§ **WHAT THE EXERCISE ASKS**: Below is a listing; repeat exactly the lines from the one containing "product_compatibility-KeepsMenu facts state" to the one containing "accessory_recommendation-KeepsMenu facts state", both included.

§ **DATA PROVIDED**:
● ● ●
-- ===== src/Planner/Menus.antt =====
-- The steps that the rule of each intent (app/planner/rules.py) can plan, and no others.
use makkays_chatbot.Prelude.{
  String, ◌≡◌, List, [], ◌∷◌, ◌++◌, Bool, true, Dict, lookup, Option, none, some, All, All-lookup,
  is_subsequence, is_subsequence-keep, if◌then◌else◌, ltb, length, ◌&&◌, not, ◌==◌, arith,
}
use makkays_chatbot.Shared.{IntentResult}
use makkays_chatbot.Flags.Schemas.{FeatureFlags}
use makkays_chatbot.Session.Schemas.{FactsSchema, ConversationStateSchema, Plan}
use makkays_chatbot.Planner.{is_open, build_plan}
use makkays_chatbot.Planner.Plans.{build_plan_kept}
use makkays_chatbot.Planner.Rules.{
  RuleFn, append_if, quote_slots_complete, contact_info_newly_captured, rule_registry,
  plan_sales_inquiry, plan_quote_request, plan_technical_support, plan_escalation_request,
  plan_human_handoff, plan_out_of_scope, plan_product_comparison, plan_product_compatibility,
  plan_accessory_recommendation, plan_product_finder_by_problem, plan_product_alternative,
  plan_specification_explainer, plan_product_recommendation_wizard, plan_use_case_recommendation,
  plan_solution_builder, plan_availability_inquiry, plan_installation_guidance,
  plan_troubleshooting, plan_warranty_information, plan_pdf_documentation_search,
}

abbrev pub menus : Dict (List String)
menus =
    (
      "sales_inquiry",
      "retrieve_products" ∷ "retrieve_docs" ∷ "compare" ∷ "generate_quote" ∷ "request_missing_slots"
          ∷ "create_lead" ∷ "respond" ∷ [],
    )
    ∷ (
      "quote_request",
      "retrieve_products" ∷ "generate_quote" ∷ "request_missing_slots" ∷ "respond" ∷ [],
    )
    ∷ ("technical_support", "retrieve_docs" ∷ "respond" ∷ [])
    ∷ ("escalation_request", "respond" ∷ [])
    ∷ ("human_handoff", "initiate_handoff" ∷ "respond" ∷ [])
    ∷ ("out_of_scope", "respond" ∷ [])
    ∷ ("product_comparison", "retrieve_products" ∷ "compare_products" ∷ "respond" ∷ [])
    ∷ ("product_compatibility", "retrieve_products" ∷ "check_compatibility" ∷ "respond" ∷ [])
    ∷ ("accessory_recommendation", "retrieve_products" ∷ "recommend_accessories" ∷ "respond" ∷ [])
    ∷ ("product_finder_by_problem", "retrieve_products" ∷ "respond" ∷ [])
    ∷ ("product_alternative", "retrieve_products" ∷ "find_alternatives" ∷ "respond" ∷ [])
    ∷ (
      "specification_explainer",
      "retrieve_products" ∷ "retrieve_docs" ∷ "explain_specification" ∷ "respond" ∷ [],
    )
    ∷ ("product_recommendation_wizard", "run_wizard" ∷ "respond" ∷ [])
    ∷ ("use_case_recommendation", "build_use_case_solution" ∷ "respond" ∷ [])
    ∷ ("solution_builder", "build_solution" ∷ "run_wizard" ∷ "respond" ∷ [])
    ∷ ("availability_inquiry", "retrieve_products" ∷ "check_availability" ∷ "respond" ∷ [])
    ∷ ("installation_guidance", "retrieve_docs" ∷ "respond" ∷ [])
    ∷ ("troubleshooting", "retrieve_docs" ∷ "respond" ∷ [])
    ∷ ("warranty_information", "retrieve_docs" ∷ "respond" ∷ [])
    ∷ ("pdf_documentation_search", "retrieve_docs" ∷ "respond" ∷ [])
    ∷ []

abbrev or_empty : Option (List String) → List String
or_empty none = []
or_empty (some steps) = steps

unfoldable pub menu : String → List String
unfolding lookup
menu intent = or_empty (lookup intent menus)

sales_menu :
    (spec many quote ask lead : Bool)
    → is_subsequence
        (append_if lead "create_lead" (
            let steps =
              append_if many "compare"
                (append_if spec "retrieve_docs" ("retrieve_products" ∷ [])) in
            if quote
            then steps ++ "generate_quote" ∷ []
            else append_if ask "request_missing_slots" steps)
          ++ "respond" ∷ [])
        (menu "sales_inquiry")
      ≡ true
unfolding is_subsequence menu
sales_menu spec many quote ask lead = ground arith

-- The rule plans steps of its menu, in the order of the menu.
abbrev pub KeepsMenu : String → RuleFn → Type 0
KeepsMenu intent rule =
    (facts : FactsSchema) (state : ConversationStateSchema) (flags : FeatureFlags)
    (intent_result : IntentResult)
    → is_subsequence (rule facts state flags intent_result) (menu intent) ≡ true

sales_inquiry-KeepsMenu : KeepsMenu "sales_inquiry" plan_sales_inquiry
unfolding plan_sales_inquiry
sales_inquiry-KeepsMenu facts state flags intent_result =
    sales_menu intent_result.spec_question_detected (ltb 1 (length intent_result.candidates))
      (flags.enable_quotes && quote_slots_complete facts)
      (flags.enable_quotes
        && not (quote_slots_complete facts)
        && (intent_result.intent == "quote_request"))
      (flags.enable_crm && contact_info_newly_captured state)

quote_request-KeepsMenu : KeepsMenu "quote_request" plan_quote_request
unfolding plan_quote_request is_subsequence menu
quote_request-KeepsMenu facts state flags intent_result = ground arith

technical_support-KeepsMenu : KeepsMenu "technical_support" plan_technical_support
unfolding plan_technical_support is_subsequence menu
technical_support-KeepsMenu facts state flags intent_result = ground arith

escalation_request-KeepsMenu : KeepsMenu "escalation_request" plan_escalation_request
unfolding plan_escalation_request is_subsequence menu
escalation_request-KeepsMenu facts state flags intent_result = ground arith

human_handoff-KeepsMenu : KeepsMenu "human_handoff" plan_human_handoff
unfolding plan_human_handoff is_subsequence menu
human_handoff-KeepsMenu facts state flags intent_result = ground arith

out_of_scope-KeepsMenu : KeepsMenu "out_of_scope" plan_out_of_scope
unfolding plan_out_of_scope is_subsequence menu
out_of_scope-KeepsMenu facts state flags intent_result = ground arith

product_comparison-KeepsMenu : KeepsMenu "product_comparison" plan_product_comparison
unfolding plan_product_comparison is_subsequence menu
product_comparison-KeepsMenu facts state flags intent_result = ground arith

product_compatibility-KeepsMenu : KeepsMenu "product_compatibility" plan_product_compatibility
unfolding plan_product_compatibility is_subsequence menu
product_compatibility-KeepsMenu facts state flags intent_result = ground arith

accessory_recommendation-KeepsMenu :
    KeepsMenu "accessory_recommendation" plan_accessory_recommendation
unfolding plan_accessory_recommendation is_subsequence menu
accessory_recommendation-KeepsMenu facts state flags intent_result = ground arith

product_finder_by_problem-KeepsMenu :
    KeepsMenu "product_finder_by_problem" plan_product_finder_by_problem
unfolding plan_product_finder_by_problem is_subsequence menu
product_finder_by_problem-KeepsMenu facts state flags intent_result = ground arith

product_alternative-KeepsMenu : KeepsMenu "product_alternative" plan_product_alternative
unfolding plan_product_alternative is_subsequence menu
product_alternative-KeepsMenu facts state flags intent_result = ground arith

specification_explainer-KeepsMenu : KeepsMenu "specification_explainer" plan_specification_explainer
unfolding plan_specification_explainer is_subsequence menu
specification_explainer-KeepsMenu facts state flags intent_result = ground arith

product_recommendation_wizard-KeepsMenu :
    KeepsMenu "product_recommendation_wizard" plan_product_recommendation_wizard
unfolding plan_product_recommendation_wizard is_subsequence menu
product_recommendation_wizard-KeepsMenu facts state flags intent_result = ground arith

use_case_recommendation-KeepsMenu : KeepsMenu "use_case_recommendation" plan_use_case_recommendation
unfolding plan_use_case_recommendation is_subsequence menu
use_case_recommendation-KeepsMenu facts state flags intent_result = ground arith

solution_builder-KeepsMenu : KeepsMenu "solution_builder" plan_solution_builder
unfolding plan_solution_builder is_subsequence menu
solution_builder-KeepsMenu facts state flags intent_result = ground arith

availability_inquiry-KeepsMenu : KeepsMenu "availability_inquiry" plan_availability_inquiry
unfolding plan_availability_inquiry is_subsequence menu
availability_inquiry-KeepsMenu facts state flags intent_result = ground arith

installation_guidance-KeepsMenu : KeepsMenu "installation_guidance" plan_installation_guidance
unfolding plan_installation_guidance is_subsequence menu
installation_guidance-KeepsMenu facts state flags intent_result = ground arith

troubleshooting-KeepsMenu : KeepsMenu "troubleshooting" plan_troubleshooting
unfolding plan_troubleshooting is_subsequence menu
troubleshooting-KeepsMenu facts state flags intent_result = ground arith

warranty_information-KeepsMenu : KeepsMenu "warranty_information" plan_warranty_information
unfolding plan_warranty_information is_subsequence menu
warranty_information-KeepsMenu facts state flags intent_result = ground arith

pdf_documentation_search-KeepsMenu :
    KeepsMenu "pdf_documentation_search" plan_pdf_documentation_search
unfolding plan_pdf_documentation_search is_subsequence menu
pdf_documentation_search-KeepsMenu facts state flags intent_result = ground arith

rules-KeepsMenu : All (λ e. KeepsMenu e.0 e.1) rule_registry
rules-KeepsMenu = (
  sales_inquiry-KeepsMenu,
  (
    quote_request-KeepsMenu,
    (
      technical_support-KeepsMenu,
      (
        escalation_request-KeepsMenu,
        (
          human_handoff-KeepsMenu,
          (
            out_of_scope-KeepsMenu,
            (
              product_comparison-KeepsMenu,
              (
                product_compatibility-KeepsMenu,
                (
                  accessory_recommendation-KeepsMenu,
                  (
                    product_finder_by_problem-KeepsMenu,
                    (
                      product_alternative-KeepsMenu,
                      (
                        specification_explainer-KeepsMenu,
                        (
                          product_recommendation_wizard-KeepsMenu,
                          (
                            use_case_recommendation-KeepsMenu,
                            (
                              solution_builder-KeepsMenu,
                              (
                                availability_inquiry-KeepsMenu,
                                (
                                  installation_guidance-KeepsMenu,
                                  (
                                    troubleshooting-KeepsMenu,
                                    (
                                      warranty_information-KeepsMenu,
                                      (pdf_documentation_search-KeepsMenu, tt),
                                    ),
                                  ),
                                ),
                              ),
                            ),
                          ),
                        ),
                      ),
                    ),
                  ),
                ),
              ),
            ),
          ),
        ),
      ),
    ),
  ),
)

-- Every plan is made of steps of its intent's menu, in the order of the menu.
pub build_plan-menu :
    (facts : FactsSchema) (state : ConversationStateSchema) (flags : FeatureFlags)
    (intent_result : IntentResult) (plan : Plan)
    → build_plan intent_result facts state flags ≡ some plan
    → is_subsequence plan.steps (menu plan.intent) ≡ true
build_plan-menu facts state flags intent_result plan h =
    let (rule, found, _, kept, intent) = build_plan_kept facts state flags intent_result plan h in
    let planned = rule facts state flags intent_result in
    let on_menu =
      All-lookup KeepsMenu rule_registry intent_result.intent rule rules-KeepsMenu found facts state
        flags intent_result in
    rw (kept, intent)
      (is_subsequence-keep (is_open flags) planned (menu intent_result.intent) on_menu)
● ● ●
§ **THE ANSWER**:
product_compatibility-KeepsMenu facts state flags intent_result = ground arith

accessory_recommendation-KeepsMenu :
    KeepsMenu "accessory_recommendation" plan_accessory_recommendation
unfolding plan_accessory_recommendation is_subsequence menu
accessory_recommendation-KeepsMenu facts state flags intent_result = ground arith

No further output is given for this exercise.